→ **Task prompt**:
Starting with the line that contains "objects = select (λ r. not" and stopping after the line that contains "(b k : Text) (rows : List ObjectRow)", return each line below exactly as written, with no others.

→ **Saved data entries**:
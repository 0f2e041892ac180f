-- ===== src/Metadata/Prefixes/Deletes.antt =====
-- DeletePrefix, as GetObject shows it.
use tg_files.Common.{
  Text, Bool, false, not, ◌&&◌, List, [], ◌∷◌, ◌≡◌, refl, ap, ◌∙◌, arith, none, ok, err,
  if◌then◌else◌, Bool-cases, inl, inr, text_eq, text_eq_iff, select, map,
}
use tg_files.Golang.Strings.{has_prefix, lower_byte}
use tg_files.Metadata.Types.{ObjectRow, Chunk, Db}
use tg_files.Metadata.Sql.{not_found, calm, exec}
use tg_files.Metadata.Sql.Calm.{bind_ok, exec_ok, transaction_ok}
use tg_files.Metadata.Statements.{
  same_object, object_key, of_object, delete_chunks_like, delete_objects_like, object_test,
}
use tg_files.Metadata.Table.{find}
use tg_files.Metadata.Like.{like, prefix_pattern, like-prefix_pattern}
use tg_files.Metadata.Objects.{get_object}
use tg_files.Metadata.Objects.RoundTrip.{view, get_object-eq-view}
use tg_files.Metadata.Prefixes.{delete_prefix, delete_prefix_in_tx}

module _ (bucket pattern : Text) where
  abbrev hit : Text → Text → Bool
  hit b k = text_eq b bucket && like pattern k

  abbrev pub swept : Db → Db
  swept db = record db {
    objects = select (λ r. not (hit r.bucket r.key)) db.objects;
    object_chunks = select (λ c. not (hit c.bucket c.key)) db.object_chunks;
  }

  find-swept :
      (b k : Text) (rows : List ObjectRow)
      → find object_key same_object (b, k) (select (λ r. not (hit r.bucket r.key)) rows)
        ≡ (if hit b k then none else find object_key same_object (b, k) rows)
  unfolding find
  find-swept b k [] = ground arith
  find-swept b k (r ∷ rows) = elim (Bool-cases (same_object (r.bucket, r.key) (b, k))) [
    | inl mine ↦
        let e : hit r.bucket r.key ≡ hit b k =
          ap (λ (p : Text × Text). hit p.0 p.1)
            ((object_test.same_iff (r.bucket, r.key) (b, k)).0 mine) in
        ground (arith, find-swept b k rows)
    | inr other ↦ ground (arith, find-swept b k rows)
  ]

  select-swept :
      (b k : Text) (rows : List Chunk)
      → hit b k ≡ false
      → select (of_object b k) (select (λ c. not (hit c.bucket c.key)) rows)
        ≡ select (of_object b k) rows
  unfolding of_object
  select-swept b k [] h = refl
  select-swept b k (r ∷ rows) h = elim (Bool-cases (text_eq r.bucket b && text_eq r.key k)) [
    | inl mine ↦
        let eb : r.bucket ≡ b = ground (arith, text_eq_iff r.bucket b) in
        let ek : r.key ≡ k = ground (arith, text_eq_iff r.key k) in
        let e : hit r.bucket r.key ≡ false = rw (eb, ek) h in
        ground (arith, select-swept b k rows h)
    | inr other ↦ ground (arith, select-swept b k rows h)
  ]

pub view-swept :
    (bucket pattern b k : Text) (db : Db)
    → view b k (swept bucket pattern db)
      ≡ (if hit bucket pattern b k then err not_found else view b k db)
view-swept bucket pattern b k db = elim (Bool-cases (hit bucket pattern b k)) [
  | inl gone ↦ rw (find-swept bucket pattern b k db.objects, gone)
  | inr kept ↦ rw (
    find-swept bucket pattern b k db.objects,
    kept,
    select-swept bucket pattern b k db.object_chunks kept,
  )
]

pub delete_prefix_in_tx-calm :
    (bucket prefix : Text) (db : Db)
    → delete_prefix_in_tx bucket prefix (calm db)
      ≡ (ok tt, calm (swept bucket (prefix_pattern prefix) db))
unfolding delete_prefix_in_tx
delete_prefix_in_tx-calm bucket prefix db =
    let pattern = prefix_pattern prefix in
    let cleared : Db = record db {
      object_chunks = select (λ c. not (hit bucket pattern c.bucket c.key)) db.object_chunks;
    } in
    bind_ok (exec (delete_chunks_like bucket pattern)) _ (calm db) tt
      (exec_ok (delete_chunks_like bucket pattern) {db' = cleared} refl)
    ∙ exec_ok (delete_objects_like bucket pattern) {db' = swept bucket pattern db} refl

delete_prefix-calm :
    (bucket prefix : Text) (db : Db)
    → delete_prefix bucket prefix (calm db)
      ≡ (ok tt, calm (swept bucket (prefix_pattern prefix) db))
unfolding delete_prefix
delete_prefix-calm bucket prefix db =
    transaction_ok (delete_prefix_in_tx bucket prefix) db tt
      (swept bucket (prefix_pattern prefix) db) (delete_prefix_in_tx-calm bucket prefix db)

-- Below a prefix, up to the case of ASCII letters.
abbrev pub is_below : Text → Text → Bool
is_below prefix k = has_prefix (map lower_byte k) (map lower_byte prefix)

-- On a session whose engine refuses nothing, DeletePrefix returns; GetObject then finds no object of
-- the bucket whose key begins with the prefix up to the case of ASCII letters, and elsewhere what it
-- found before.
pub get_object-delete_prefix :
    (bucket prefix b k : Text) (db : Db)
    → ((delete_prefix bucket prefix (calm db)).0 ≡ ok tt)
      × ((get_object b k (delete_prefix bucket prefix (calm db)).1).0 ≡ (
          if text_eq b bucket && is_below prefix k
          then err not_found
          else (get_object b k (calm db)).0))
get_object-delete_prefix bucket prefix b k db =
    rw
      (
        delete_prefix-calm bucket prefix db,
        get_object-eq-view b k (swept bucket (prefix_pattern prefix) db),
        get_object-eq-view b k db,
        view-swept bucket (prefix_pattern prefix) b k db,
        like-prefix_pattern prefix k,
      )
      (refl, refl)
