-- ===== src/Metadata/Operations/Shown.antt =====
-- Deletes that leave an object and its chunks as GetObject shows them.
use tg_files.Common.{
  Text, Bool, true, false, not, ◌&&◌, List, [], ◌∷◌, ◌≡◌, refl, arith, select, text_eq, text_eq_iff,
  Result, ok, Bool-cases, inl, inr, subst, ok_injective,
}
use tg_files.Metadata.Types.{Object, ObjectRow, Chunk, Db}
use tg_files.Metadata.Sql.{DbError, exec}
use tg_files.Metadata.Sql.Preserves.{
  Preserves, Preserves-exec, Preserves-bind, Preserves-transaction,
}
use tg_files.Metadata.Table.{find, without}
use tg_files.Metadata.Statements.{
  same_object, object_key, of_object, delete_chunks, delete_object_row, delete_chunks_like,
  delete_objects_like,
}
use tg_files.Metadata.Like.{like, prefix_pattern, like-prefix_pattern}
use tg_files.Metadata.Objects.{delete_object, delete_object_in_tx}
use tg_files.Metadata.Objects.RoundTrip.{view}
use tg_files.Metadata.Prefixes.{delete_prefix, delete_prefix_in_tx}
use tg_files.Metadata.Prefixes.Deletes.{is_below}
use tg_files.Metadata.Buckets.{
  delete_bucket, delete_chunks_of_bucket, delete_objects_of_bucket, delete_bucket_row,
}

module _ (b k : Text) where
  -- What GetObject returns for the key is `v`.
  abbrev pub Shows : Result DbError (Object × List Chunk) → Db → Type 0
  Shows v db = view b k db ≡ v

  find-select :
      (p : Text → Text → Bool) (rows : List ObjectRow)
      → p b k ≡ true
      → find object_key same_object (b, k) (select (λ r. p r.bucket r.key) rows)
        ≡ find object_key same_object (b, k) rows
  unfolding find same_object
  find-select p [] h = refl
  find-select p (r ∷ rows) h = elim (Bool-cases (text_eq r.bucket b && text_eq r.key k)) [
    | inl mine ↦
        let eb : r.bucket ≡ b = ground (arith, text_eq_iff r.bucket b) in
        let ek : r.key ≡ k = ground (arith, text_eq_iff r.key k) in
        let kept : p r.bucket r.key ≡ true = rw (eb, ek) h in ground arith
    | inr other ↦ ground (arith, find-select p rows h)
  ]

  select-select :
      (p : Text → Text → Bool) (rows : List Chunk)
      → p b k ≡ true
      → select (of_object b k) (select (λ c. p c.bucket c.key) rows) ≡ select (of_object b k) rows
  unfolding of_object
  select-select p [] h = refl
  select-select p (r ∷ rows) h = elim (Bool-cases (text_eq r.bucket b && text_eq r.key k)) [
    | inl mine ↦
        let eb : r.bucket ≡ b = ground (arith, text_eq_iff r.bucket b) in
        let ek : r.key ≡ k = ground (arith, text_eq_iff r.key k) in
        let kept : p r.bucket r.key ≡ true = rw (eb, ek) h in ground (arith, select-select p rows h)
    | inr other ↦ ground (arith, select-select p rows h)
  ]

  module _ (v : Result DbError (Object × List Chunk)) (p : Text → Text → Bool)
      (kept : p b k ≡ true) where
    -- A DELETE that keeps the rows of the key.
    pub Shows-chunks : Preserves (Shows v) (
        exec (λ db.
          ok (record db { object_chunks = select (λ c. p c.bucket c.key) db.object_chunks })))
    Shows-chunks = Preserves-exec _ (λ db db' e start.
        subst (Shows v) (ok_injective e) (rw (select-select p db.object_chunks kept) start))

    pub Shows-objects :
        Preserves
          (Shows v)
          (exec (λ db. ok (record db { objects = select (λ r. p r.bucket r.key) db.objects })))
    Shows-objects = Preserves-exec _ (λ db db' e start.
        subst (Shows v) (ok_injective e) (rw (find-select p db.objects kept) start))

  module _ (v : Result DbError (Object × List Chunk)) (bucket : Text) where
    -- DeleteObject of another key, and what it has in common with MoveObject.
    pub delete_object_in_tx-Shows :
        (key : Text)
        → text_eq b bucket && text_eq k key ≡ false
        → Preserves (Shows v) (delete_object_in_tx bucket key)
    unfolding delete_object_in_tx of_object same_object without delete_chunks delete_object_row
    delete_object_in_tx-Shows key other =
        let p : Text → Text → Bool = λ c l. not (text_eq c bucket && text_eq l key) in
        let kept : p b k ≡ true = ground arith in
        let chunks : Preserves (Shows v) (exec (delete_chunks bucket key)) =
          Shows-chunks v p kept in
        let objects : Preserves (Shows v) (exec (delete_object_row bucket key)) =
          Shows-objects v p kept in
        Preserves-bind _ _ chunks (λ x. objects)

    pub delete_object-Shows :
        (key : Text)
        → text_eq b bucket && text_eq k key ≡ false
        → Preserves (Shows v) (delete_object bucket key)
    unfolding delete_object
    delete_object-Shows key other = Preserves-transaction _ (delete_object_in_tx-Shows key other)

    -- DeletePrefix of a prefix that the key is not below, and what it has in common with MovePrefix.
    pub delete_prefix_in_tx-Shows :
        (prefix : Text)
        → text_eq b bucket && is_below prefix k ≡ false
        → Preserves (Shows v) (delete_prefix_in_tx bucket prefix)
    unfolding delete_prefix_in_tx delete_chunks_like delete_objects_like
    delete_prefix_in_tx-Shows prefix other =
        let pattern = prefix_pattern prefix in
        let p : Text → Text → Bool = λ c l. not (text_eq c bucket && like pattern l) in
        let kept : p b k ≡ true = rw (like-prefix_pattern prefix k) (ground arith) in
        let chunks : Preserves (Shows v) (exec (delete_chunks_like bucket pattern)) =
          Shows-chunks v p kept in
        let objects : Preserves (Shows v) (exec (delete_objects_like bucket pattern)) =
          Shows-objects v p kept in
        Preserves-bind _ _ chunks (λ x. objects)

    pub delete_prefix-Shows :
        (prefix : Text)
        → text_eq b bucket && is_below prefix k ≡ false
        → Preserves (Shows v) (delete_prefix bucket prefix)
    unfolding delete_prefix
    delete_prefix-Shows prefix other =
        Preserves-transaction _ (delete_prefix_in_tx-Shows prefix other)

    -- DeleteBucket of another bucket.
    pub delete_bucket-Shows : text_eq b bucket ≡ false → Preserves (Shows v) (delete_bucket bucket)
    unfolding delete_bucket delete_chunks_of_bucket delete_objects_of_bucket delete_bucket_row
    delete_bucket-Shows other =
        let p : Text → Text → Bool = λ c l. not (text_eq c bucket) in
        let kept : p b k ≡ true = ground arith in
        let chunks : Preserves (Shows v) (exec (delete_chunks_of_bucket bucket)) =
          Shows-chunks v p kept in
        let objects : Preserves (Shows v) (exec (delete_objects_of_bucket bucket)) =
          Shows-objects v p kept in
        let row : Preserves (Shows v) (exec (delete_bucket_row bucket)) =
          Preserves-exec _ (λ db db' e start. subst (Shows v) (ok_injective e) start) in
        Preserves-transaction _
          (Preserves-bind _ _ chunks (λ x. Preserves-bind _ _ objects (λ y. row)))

→ **Task solution**:
    objects = select (λ r. not (hit r.bucket r.key)) db.objects;
    object_chunks = select (λ c. not (hit c.bucket c.key)) db.object_chunks;
  }

  find-swept :
      (b k : Text) (rows : List ObjectRow)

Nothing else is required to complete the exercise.